__Provided information__.
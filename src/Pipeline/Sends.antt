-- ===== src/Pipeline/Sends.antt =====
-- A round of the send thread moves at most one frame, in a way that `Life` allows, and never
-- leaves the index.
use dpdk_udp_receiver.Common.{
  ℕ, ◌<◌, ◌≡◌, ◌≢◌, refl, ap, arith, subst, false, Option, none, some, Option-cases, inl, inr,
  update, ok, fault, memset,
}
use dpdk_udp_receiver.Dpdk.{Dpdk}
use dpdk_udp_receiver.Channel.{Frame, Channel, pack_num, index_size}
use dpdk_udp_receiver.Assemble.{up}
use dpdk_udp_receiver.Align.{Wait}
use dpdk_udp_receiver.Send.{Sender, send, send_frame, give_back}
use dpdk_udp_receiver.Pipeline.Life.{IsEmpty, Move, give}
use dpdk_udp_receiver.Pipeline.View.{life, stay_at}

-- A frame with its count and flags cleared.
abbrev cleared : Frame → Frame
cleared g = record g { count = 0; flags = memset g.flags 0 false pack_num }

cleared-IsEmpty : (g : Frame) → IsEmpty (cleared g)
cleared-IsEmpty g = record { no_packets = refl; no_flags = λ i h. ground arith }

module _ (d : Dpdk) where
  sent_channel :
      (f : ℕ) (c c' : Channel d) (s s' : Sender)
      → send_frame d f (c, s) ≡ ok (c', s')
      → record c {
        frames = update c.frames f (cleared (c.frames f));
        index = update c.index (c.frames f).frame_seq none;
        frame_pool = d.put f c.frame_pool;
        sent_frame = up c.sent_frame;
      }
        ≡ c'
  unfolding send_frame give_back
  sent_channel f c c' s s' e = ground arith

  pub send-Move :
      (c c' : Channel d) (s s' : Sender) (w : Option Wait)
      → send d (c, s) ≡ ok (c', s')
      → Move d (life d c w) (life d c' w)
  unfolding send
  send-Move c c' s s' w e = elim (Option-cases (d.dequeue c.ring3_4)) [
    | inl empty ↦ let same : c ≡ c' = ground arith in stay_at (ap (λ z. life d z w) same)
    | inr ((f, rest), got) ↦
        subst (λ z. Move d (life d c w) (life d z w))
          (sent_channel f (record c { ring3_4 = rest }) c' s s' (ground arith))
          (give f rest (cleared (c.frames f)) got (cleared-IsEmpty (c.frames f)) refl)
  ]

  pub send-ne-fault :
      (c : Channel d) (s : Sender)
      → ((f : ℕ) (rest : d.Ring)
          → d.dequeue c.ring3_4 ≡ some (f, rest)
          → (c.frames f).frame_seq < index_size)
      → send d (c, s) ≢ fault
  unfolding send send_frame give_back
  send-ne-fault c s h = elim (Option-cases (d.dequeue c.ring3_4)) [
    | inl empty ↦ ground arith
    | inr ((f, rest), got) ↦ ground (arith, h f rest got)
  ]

---

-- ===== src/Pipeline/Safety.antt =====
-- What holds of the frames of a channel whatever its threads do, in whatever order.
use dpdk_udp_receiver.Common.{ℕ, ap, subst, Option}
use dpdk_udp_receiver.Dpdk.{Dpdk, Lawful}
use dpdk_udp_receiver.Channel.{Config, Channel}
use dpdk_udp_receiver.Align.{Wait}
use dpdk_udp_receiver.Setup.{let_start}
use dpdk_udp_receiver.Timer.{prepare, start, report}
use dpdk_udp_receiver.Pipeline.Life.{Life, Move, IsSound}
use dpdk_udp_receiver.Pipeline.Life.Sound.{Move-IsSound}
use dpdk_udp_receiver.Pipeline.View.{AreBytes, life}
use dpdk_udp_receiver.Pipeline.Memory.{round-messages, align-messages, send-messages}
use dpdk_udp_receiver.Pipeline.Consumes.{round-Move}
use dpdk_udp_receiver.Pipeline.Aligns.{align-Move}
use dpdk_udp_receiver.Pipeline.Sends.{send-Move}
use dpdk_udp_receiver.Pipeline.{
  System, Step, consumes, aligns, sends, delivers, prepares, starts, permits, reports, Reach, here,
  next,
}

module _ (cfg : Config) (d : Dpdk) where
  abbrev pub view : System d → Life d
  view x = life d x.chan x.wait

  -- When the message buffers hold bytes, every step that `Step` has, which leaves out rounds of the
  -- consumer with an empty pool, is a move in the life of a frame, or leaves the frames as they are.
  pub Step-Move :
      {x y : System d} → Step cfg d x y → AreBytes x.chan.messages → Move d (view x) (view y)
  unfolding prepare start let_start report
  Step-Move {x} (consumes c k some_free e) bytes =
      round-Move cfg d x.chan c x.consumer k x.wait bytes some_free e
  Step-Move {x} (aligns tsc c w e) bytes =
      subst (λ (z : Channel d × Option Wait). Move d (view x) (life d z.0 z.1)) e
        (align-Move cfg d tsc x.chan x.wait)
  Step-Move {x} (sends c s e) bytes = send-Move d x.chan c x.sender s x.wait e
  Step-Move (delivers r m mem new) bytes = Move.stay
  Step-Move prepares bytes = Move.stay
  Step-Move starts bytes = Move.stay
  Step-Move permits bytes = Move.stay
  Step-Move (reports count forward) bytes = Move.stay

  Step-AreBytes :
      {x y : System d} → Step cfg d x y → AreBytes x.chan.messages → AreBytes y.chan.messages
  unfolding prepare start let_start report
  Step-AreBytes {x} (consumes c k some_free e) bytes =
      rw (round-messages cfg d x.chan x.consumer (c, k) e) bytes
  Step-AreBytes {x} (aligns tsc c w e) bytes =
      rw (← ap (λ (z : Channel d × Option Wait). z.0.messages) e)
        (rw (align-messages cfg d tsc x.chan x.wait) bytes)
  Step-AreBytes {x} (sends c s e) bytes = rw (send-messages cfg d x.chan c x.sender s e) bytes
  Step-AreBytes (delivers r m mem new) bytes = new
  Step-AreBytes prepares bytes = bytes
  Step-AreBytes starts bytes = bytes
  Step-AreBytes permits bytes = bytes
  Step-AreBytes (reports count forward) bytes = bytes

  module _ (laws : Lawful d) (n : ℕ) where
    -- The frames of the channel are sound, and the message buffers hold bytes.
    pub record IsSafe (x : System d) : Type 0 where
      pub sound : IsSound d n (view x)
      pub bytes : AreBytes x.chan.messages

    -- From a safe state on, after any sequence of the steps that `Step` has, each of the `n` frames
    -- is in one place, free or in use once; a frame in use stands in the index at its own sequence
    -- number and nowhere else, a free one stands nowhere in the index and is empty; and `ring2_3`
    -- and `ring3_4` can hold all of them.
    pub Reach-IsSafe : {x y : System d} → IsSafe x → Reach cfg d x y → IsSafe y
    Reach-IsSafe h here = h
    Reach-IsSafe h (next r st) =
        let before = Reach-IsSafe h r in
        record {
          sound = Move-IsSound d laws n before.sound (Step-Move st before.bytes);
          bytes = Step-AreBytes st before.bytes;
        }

==

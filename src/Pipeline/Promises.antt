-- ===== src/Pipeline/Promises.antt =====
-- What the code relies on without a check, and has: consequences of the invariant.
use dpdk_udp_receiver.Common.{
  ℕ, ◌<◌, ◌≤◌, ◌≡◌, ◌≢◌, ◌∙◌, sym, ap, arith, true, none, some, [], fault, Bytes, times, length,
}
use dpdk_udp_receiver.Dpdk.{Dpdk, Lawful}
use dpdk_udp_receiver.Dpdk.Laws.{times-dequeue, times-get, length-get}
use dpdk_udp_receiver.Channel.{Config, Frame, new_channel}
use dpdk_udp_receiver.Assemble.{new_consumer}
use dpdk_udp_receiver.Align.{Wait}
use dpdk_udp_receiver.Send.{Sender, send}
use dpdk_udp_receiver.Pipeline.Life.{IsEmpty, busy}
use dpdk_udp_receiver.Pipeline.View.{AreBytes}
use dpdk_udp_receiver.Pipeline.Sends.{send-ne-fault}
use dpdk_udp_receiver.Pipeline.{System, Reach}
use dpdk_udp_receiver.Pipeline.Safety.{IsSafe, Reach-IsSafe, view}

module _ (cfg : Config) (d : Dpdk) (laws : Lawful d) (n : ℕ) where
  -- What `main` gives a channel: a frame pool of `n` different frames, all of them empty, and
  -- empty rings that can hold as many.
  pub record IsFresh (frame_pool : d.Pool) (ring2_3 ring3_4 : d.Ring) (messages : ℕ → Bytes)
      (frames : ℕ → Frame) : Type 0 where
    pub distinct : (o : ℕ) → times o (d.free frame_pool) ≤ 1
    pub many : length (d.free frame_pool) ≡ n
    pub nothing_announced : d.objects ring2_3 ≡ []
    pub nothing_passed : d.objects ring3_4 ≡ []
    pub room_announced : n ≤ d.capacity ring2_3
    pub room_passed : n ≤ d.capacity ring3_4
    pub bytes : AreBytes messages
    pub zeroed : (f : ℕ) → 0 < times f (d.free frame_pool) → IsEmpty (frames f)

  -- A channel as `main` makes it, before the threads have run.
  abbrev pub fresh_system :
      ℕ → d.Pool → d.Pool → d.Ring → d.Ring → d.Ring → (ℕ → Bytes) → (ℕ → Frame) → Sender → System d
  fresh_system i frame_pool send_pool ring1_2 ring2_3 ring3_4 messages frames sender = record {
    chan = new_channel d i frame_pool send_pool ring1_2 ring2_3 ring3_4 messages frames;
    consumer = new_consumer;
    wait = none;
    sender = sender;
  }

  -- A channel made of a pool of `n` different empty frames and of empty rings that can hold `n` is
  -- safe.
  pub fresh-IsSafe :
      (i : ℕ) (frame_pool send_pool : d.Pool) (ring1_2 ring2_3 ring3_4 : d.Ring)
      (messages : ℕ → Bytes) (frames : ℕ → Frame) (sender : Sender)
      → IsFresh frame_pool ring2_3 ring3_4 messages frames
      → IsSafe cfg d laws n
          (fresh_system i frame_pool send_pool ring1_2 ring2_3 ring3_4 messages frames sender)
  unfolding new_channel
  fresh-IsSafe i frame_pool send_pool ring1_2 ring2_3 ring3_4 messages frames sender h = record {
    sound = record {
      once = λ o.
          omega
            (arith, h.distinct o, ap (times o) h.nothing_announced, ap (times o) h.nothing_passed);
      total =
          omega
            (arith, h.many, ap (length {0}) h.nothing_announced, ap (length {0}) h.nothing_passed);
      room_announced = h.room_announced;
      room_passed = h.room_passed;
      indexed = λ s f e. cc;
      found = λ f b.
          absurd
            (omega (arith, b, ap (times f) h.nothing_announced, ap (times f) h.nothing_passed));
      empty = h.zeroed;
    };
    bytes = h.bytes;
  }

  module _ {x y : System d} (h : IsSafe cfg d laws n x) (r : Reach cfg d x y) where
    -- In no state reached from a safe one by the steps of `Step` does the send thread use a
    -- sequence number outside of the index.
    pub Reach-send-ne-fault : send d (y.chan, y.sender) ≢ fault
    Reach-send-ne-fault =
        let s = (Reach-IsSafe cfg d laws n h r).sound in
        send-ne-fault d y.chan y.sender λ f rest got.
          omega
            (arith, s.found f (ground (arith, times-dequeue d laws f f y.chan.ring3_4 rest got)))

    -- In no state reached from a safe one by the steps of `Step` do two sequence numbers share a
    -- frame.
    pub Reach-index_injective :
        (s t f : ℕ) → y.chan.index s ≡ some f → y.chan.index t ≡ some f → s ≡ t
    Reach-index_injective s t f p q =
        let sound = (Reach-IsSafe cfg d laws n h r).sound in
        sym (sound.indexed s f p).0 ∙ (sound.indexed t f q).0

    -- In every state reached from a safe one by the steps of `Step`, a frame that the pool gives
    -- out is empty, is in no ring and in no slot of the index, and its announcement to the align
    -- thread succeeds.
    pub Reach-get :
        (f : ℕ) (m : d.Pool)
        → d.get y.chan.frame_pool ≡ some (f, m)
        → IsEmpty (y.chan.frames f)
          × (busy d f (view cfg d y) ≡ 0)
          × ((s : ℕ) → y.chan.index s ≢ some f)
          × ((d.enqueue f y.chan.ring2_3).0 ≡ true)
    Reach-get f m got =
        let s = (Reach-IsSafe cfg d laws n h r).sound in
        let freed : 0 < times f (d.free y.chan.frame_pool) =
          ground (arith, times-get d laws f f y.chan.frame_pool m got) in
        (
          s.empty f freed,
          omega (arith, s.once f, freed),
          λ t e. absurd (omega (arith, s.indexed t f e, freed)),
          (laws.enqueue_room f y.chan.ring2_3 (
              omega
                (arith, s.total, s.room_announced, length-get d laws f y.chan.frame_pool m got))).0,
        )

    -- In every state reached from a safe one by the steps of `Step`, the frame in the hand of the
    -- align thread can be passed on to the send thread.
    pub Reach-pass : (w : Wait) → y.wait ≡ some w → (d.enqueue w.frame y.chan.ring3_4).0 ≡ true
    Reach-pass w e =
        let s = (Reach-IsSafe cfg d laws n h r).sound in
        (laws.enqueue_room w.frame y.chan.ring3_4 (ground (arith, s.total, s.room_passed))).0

__Goal of the exercise__. Restate word for word the entries above, starting at the line with "pub Reach-send-ne-fault : send" and ending at the line with "sym (sound.indexed s", inclusive, and no others.

__Your response__.
    pub Reach-send-ne-fault : send d (y.chan, y.sender) ≢ fault
    Reach-send-ne-fault =
        let s = (Reach-IsSafe cfg d laws n h r).sound in
        send-ne-fault d y.chan y.sender λ f rest got.
          omega
            (arith, s.found f (ground (arith, times-dequeue d laws f f y.chan.ring3_4 rest got)))

    -- In no state reached from a safe one by the steps of `Step` do two sequence numbers share a
    -- frame.
    pub Reach-index_injective :
        (s t f : ℕ) → y.chan.index s ≡ some f → y.chan.index t ≡ some f → s ≡ t
    Reach-index_injective s t f p q =
        let sound = (Reach-IsSafe cfg d laws n h r).sound in
        sym (sound.indexed s f p).0 ∙ (sound.indexed t f q).0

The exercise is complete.